## EXERCISE DESCRIPTION
From the listing below, reproduce word for word the part that opens with the line containing "pub fresh : r.state" and closes with the line containing "pub locked : is_some"; reproduce nothing else.

[[ LISTED ENTRIES open ]]

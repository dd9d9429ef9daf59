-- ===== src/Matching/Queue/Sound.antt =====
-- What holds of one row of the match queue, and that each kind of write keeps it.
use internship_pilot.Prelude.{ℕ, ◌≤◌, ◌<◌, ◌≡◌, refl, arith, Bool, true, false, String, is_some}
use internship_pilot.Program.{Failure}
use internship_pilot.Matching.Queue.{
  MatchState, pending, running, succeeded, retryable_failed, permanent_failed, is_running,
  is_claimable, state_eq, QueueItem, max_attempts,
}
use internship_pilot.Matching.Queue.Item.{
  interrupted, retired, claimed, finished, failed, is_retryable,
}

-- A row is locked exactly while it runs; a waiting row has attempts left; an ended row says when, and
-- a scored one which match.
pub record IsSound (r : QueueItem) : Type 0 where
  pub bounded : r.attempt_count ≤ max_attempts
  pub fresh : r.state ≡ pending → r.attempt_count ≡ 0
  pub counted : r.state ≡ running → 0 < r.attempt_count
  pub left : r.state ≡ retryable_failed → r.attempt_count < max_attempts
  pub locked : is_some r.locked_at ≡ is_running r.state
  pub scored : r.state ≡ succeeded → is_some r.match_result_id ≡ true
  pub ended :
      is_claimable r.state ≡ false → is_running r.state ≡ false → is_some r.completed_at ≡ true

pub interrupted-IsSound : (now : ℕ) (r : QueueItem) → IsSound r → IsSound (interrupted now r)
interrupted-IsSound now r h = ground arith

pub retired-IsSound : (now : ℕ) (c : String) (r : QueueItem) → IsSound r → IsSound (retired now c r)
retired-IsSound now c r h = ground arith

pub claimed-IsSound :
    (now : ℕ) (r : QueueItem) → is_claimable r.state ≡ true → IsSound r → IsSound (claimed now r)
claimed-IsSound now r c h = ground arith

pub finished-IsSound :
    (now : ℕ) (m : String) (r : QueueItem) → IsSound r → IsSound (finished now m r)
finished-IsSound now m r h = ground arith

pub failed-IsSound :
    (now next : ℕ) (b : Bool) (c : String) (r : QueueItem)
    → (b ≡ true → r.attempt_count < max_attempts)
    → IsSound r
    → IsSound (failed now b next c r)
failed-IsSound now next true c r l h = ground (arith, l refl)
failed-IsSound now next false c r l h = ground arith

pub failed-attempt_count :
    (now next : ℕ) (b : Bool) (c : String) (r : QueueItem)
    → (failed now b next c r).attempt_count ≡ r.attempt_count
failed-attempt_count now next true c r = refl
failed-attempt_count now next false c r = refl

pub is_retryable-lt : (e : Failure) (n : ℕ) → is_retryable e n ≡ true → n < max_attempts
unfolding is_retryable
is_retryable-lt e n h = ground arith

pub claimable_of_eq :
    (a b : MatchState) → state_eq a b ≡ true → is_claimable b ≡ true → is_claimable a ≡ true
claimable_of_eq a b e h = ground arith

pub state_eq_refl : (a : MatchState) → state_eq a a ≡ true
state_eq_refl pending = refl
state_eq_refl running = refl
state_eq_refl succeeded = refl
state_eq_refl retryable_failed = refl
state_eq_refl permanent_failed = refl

[[ LISTED ENTRIES closed ]]

## REPLY TO THE TASK
  pub fresh : r.state ≡ pending → r.attempt_count ≡ 0
  pub counted : r.state ≡ running → 0 < r.attempt_count
  pub left : r.state ≡ retryable_failed → r.attempt_count < max_attempts
  pub locked : is_some r.locked_at ≡ is_running r.state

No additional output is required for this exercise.